-- ===== src/Object/Links/Tests.antt =====
-- The links of small tables. A float is a natural number.
use s3d.Base.{
  ℕ, zero, suc, ◌≡◌, ◌⊎◌, inl, inr, refl, arith, Bool, true, false, if◌then◌else◌, ◌==◌, some, [],
  ◌∷◌, ◌<◌, ◌≤◌,
}
use s3d.Object.{minus_one, Floats, Obj, Table, Vertex, Status, done, failed, obj_valid}
use s3d.Object.Links.{update, link_insert, of_link, of_link_src}
use s3d.Object.Links.View.{Node, absent, node, IsLinked}
use s3d.Object.Links.Rooted.{Rooted, root, under, height}
use s3d.Object.Links.Listed.{first}
use s3d.Object.Links.Forest.{IsForest}
use s3d.Object.Links.Life.{obj_new, obj_free}
use s3d.Object.Links.Link.{returned, relink, obj_link}
use s3d.Object.Links.Relink.{Accepted}
use s3d.Object.Links.Calls.{Refused, obj_link-cases, obj_link-family, obj_link-IsForest}
use s3d.Object.Links.Reach.{Step, new, link, Reachable, start, step, Reachable-IsForest}
use s3d.Object.Links.Freed.{Freed, obj_free-Freed}

abbrev naturals : Floats ℕ
naturals = record {
  zero_f = 0;
  add = λ a b. a;
  mul = λ a b. a;
  div = λ a b. a;
  sqrt = λ a. a;
  is_zero = λ a. a == 0;
}

abbrev point : Vertex ℕ
point = record { x = 0; y = 0; z = 0 }

abbrev thing : ℕ → ℕ → ℕ → Obj ℕ
thing flags above below = record {
  oflags = flags;
  virtual_pid = 0;
  clone_ooid = 0;
  n_vertex = 0;
  n_mat = 0;
  n_poly = 0;
  n_tex = 0;
  n_line = 0;
  dplist = 0;
  linkid = above;
  lsub = below;
  lnext = minus_one;
  lprev = minus_one;
  p_vertex = [];
  p_mat = [];
  p_poly = [];
  p_line = [];
  p_tex = [];
  translate = point;
  rotate = point;
  scale = 1;
  r = 0;
  o_r = 0;
}

-- an object 0 with a child 1, and an object 2
abbrev family : Table ℕ
family =
    some (thing 0 minus_one 1)
    ∷ some (thing of_link 0 minus_one)
    ∷ some (thing 0 minus_one minus_one)
    ∷ []

-- the objects of the family, one by one
abbrev member : ℕ → ℕ → Bool → Node
member p s l = record {
  there = true;
  parent = p;
  next = minus_one;
  prev = minus_one;
  sub = s;
  linked = l;
}

family-node :
    (i : ℕ)
    → ((i ≡ 0) × (node family i ≡ member minus_one 1 false))
      ⊎ (((i ≡ 1) × (node family i ≡ member 0 minus_one true))
          ⊎ (((i ≡ 2) × (node family i ≡ member minus_one minus_one false))
              ⊎ ((2 < i) × (node family i ≡ absent))))
unfolding node obj_valid
family-node zero = inl (refl, refl)
family-node (suc zero) = inr (inl (refl, refl))
family-node (suc (suc zero)) = inr (inr (inl (refl, refl)))
family-node (suc (suc (suc i))) = inr (inr (inr (ground arith, refl)))

family-IsLinked : IsLinked (node family)
family-IsLinked = record {
  bounded = ground (arith, family-node minus_one);
  gone = λ i. ground (arith, family-node i);
  next_ok = λ i. ground (arith, family-node i);
  prev_ok = λ i. ground (arith, family-node i);
  sub_ok = λ i. ground (arith, family-node i, family-node (node family i).sub);
  first_ok = λ i. ground (arith, family-node i, family-node (node family i).parent);
  free_ok = λ i. ground (arith, family-node i);
  parent_ok = λ i. ground (arith, family-node i, family-node (node family i).parent);
  flag_ok = λ i. ground (arith, family-node i);
}

family-rooted : (i : ℕ) → Rooted (node family) i
unfolding node obj_valid
family-rooted zero = root refl
family-rooted (suc zero) = under (ground arith) (root refl)
family-rooted (suc (suc zero)) = root refl
family-rooted (suc (suc (suc i))) = root refl

family-height : (i : ℕ) → height (family-rooted i) ≤ 2
unfolding family-rooted
family-height zero = ground arith
family-height (suc zero) = ground arith
family-height (suc (suc zero)) = ground arith
family-height (suc (suc (suc i))) = ground arith

family-first : (i : ℕ) → (node family i).prev ≡ minus_one
family-first i = ground (arith, family-node i)

abbrev family-IsForest : IsForest (node family)
family-IsForest = record {
  links = family-IsLinked;
  rooted = family-rooted;
  listed = λ i. first (family-first i);
}

-- The parent cannot go under its child; another object can.
obj_link-circle_run : obj_link 3 1 family 0 1 ≡ returned failed family
unfolding obj_link obj_valid
obj_link-circle_run = refl

obj_link-cases_example :
    (Refused family 1 0 1 × (obj_link 2 1 family 0 1 ≡ returned failed family))
    ⊎ ((a : Accepted family 1 0 1) × (obj_link 2 1 family 0 1
          ≡ returned done (relink family a.object 0 1)))
obj_link-cases_example = obj_link-cases 2 1 family 0 1 family-IsForest (family-height 1)

obj_link-IsForest_example :
    (s : Status) × (t' : Table ℕ) × (obj_link 2 1 family 1 2 ≡ returned s t') × IsForest (node t')
obj_link-IsForest_example = obj_link-IsForest 2 1 family 1 2 family-IsForest (family-height 2)

-- the child 1 goes under 2
abbrev moved : Table ℕ
moved = relink family (thing of_link 0 minus_one) 1 2

one_to_two : obj_link 2 1 family 1 2 ≡ returned done moved
unfolding obj_link obj_valid
one_to_two = refl

obj_link-family_example :
    IsForest (node moved)
    × ((j : ℕ) → (node moved j).parent ≡ (if 1 == j then 2 else (node family j).parent))
    × (((node family 1).parent ≡ 2) ⊎ ((node moved 2).sub ≡ 1))
obj_link-family_example =
    obj_link-family 2 1 family moved 1 2 family-IsForest (family-height 2) one_to_two

-- two objects, and the second under the first
abbrev one_made : Table ℕ
one_made = some (thing 0 minus_one minus_one) ∷ []

abbrev two_made : Table ℕ
two_made = some (thing 0 minus_one minus_one) ∷ some (thing 0 minus_one minus_one) ∷ []

abbrev two_linked : Table ℕ
two_linked = some (thing of_link_src minus_one 1) ∷ some (thing of_link 0 minus_one) ∷ []

link_two : (fuel : ℕ) → 1 ≤ fuel → obj_link fuel 1 two_made 1 0 ≡ returned done two_linked
unfolding obj_link obj_valid update link_insert
link_two zero le = ground arith
link_two (suc fuel) le = refl

make_one : Step [] one_made
unfolding obj_new
make_one = new naturals 1 (ground arith)

make_two : Step one_made two_made
unfolding obj_new
make_two = new naturals 1 (ground arith)

two_linked-Reachable : Reachable two_linked
two_linked-Reachable = step (step (step start make_one) make_two) (link 1 1 0 1 done link_two)

Reachable-IsForest_example : IsForest (node two_linked)
Reachable-IsForest_example = Reachable-IsForest two_linked-Reachable

obj_free-Freed_example :
    (t' : Table ℕ) × (obj_free 4 family 0 ≡ some t') × Freed (node family) (node t') 0
obj_free-Freed_example =
    obj_free-Freed 4 family 0 family-IsForest (ground (arith, family-node 0)) (ground arith)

* * * *

## What the task asks
Retype the entries precisely as they stand.

## Answer to this task
-- ===== src/Object/Links/Tests.antt =====
-- The links of small tables. A float is a natural number.
use s3d.Base.{
  ℕ, zero, suc, ◌≡◌, ◌⊎◌, inl, inr, refl, arith, Bool, true, false, if◌then◌else◌, ◌==◌, some, [],
  ◌∷◌, ◌<◌, ◌≤◌,
}
use s3d.Object.{minus_one, Floats, Obj, Table, Vertex, Status, done, failed, obj_valid}
use s3d.Object.Links.{update, link_insert, of_link, of_link_src}
use s3d.Object.Links.View.{Node, absent, node, IsLinked}
use s3d.Object.Links.Rooted.{Rooted, root, under, height}
use s3d.Object.Links.Listed.{first}
use s3d.Object.Links.Forest.{IsForest}
use s3d.Object.Links.Life.{obj_new, obj_free}
use s3d.Object.Links.Link.{returned, relink, obj_link}
use s3d.Object.Links.Relink.{Accepted}
use s3d.Object.Links.Calls.{Refused, obj_link-cases, obj_link-family, obj_link-IsForest}
use s3d.Object.Links.Reach.{Step, new, link, Reachable, start, step, Reachable-IsForest}
use s3d.Object.Links.Freed.{Freed, obj_free-Freed}

abbrev naturals : Floats ℕ
naturals = record {
  zero_f = 0;
  add = λ a b. a;
  mul = λ a b. a;
  div = λ a b. a;
  sqrt = λ a. a;
  is_zero = λ a. a == 0;
}

abbrev point : Vertex ℕ
point = record { x = 0; y = 0; z = 0 }

abbrev thing : ℕ → ℕ → ℕ → Obj ℕ
thing flags above below = record {
  oflags = flags;
  virtual_pid = 0;
  clone_ooid = 0;
  n_vertex = 0;
  n_mat = 0;
  n_poly = 0;
  n_tex = 0;
  n_line = 0;
  dplist = 0;
  linkid = above;
  lsub = below;
  lnext = minus_one;
  lprev = minus_one;
  p_vertex = [];
  p_mat = [];
  p_poly = [];
  p_line = [];
  p_tex = [];
  translate = point;
  rotate = point;
  scale = 1;
  r = 0;
  o_r = 0;
}

-- an object 0 with a child 1, and an object 2
abbrev family : Table ℕ
family =
    some (thing 0 minus_one 1)
    ∷ some (thing of_link 0 minus_one)
    ∷ some (thing 0 minus_one minus_one)
    ∷ []

-- the objects of the family, one by one
abbrev member : ℕ → ℕ → Bool → Node
member p s l = record {
  there = true;
  parent = p;
  next = minus_one;
  prev = minus_one;
  sub = s;
  linked = l;
}

family-node :
    (i : ℕ)
    → ((i ≡ 0) × (node family i ≡ member minus_one 1 false))
      ⊎ (((i ≡ 1) × (node family i ≡ member 0 minus_one true))
          ⊎ (((i ≡ 2) × (node family i ≡ member minus_one minus_one false))
              ⊎ ((2 < i) × (node family i ≡ absent))))
unfolding node obj_valid
family-node zero = inl (refl, refl)
family-node (suc zero) = inr (inl (refl, refl))
family-node (suc (suc zero)) = inr (inr (inl (refl, refl)))
family-node (suc (suc (suc i))) = inr (inr (inr (ground arith, refl)))

family-IsLinked : IsLinked (node family)
family-IsLinked = record {
  bounded = ground (arith, family-node minus_one);
  gone = λ i. ground (arith, family-node i);
  next_ok = λ i. ground (arith, family-node i);
  prev_ok = λ i. ground (arith, family-node i);
  sub_ok = λ i. ground (arith, family-node i, family-node (node family i).sub);
  first_ok = λ i. ground (arith, family-node i, family-node (node family i).parent);
  free_ok = λ i. ground (arith, family-node i);
  parent_ok = λ i. ground (arith, family-node i, family-node (node family i).parent);
  flag_ok = λ i. ground (arith, family-node i);
}

family-rooted : (i : ℕ) → Rooted (node family) i
unfolding node obj_valid
family-rooted zero = root refl
family-rooted (suc zero) = under (ground arith) (root refl)
family-rooted (suc (suc zero)) = root refl
family-rooted (suc (suc (suc i))) = root refl

family-height : (i : ℕ) → height (family-rooted i) ≤ 2
unfolding family-rooted
family-height zero = ground arith
family-height (suc zero) = ground arith
family-height (suc (suc zero)) = ground arith
family-height (suc (suc (suc i))) = ground arith

family-first : (i : ℕ) → (node family i).prev ≡ minus_one
family-first i = ground (arith, family-node i)

abbrev family-IsForest : IsForest (node family)
family-IsForest = record {
  links = family-IsLinked;
  rooted = family-rooted;
  listed = λ i. first (family-first i);
}

-- The parent cannot go under its child; another object can.
obj_link-circle_run : obj_link 3 1 family 0 1 ≡ returned failed family
unfolding obj_link obj_valid
obj_link-circle_run = refl

obj_link-cases_example :
    (Refused family 1 0 1 × (obj_link 2 1 family 0 1 ≡ returned failed family))
    ⊎ ((a : Accepted family 1 0 1) × (obj_link 2 1 family 0 1
          ≡ returned done (relink family a.object 0 1)))
obj_link-cases_example = obj_link-cases 2 1 family 0 1 family-IsForest (family-height 1)

obj_link-IsForest_example :
    (s : Status) × (t' : Table ℕ) × (obj_link 2 1 family 1 2 ≡ returned s t') × IsForest (node t')
obj_link-IsForest_example = obj_link-IsForest 2 1 family 1 2 family-IsForest (family-height 2)

-- the child 1 goes under 2
abbrev moved : Table ℕ
moved = relink family (thing of_link 0 minus_one) 1 2

one_to_two : obj_link 2 1 family 1 2 ≡ returned done moved
unfolding obj_link obj_valid
one_to_two = refl

obj_link-family_example :
    IsForest (node moved)
    × ((j : ℕ) → (node moved j).parent ≡ (if 1 == j then 2 else (node family j).parent))
    × (((node family 1).parent ≡ 2) ⊎ ((node moved 2).sub ≡ 1))
obj_link-family_example =
    obj_link-family 2 1 family moved 1 2 family-IsForest (family-height 2) one_to_two

-- two objects, and the second under the first
abbrev one_made : Table ℕ
one_made = some (thing 0 minus_one minus_one) ∷ []

abbrev two_made : Table ℕ
two_made = some (thing 0 minus_one minus_one) ∷ some (thing 0 minus_one minus_one) ∷ []

abbrev two_linked : Table ℕ
two_linked = some (thing of_link_src minus_one 1) ∷ some (thing of_link 0 minus_one) ∷ []

link_two : (fuel : ℕ) → 1 ≤ fuel → obj_link fuel 1 two_made 1 0 ≡ returned done two_linked
unfolding obj_link obj_valid update link_insert
link_two zero le = ground arith
link_two (suc fuel) le = refl

make_one : Step [] one_made
unfolding obj_new
make_one = new naturals 1 (ground arith)

make_two : Step one_made two_made
unfolding obj_new
make_two = new naturals 1 (ground arith)

two_linked-Reachable : Reachable two_linked
two_linked-Reachable = step (step (step start make_one) make_two) (link 1 1 0 1 done link_two)

Reachable-IsForest_example : IsForest (node two_linked)
Reachable-IsForest_example = Reachable-IsForest two_linked-Reachable

obj_free-Freed_example :
    (t' : Table ℕ) × (obj_free 4 family 0 ≡ some t') × Freed (node family) (node t') 0
obj_free-Freed_example =
    obj_free-Freed 4 family 0 family-IsForest (ground (arith, family-node 0)) (ground arith)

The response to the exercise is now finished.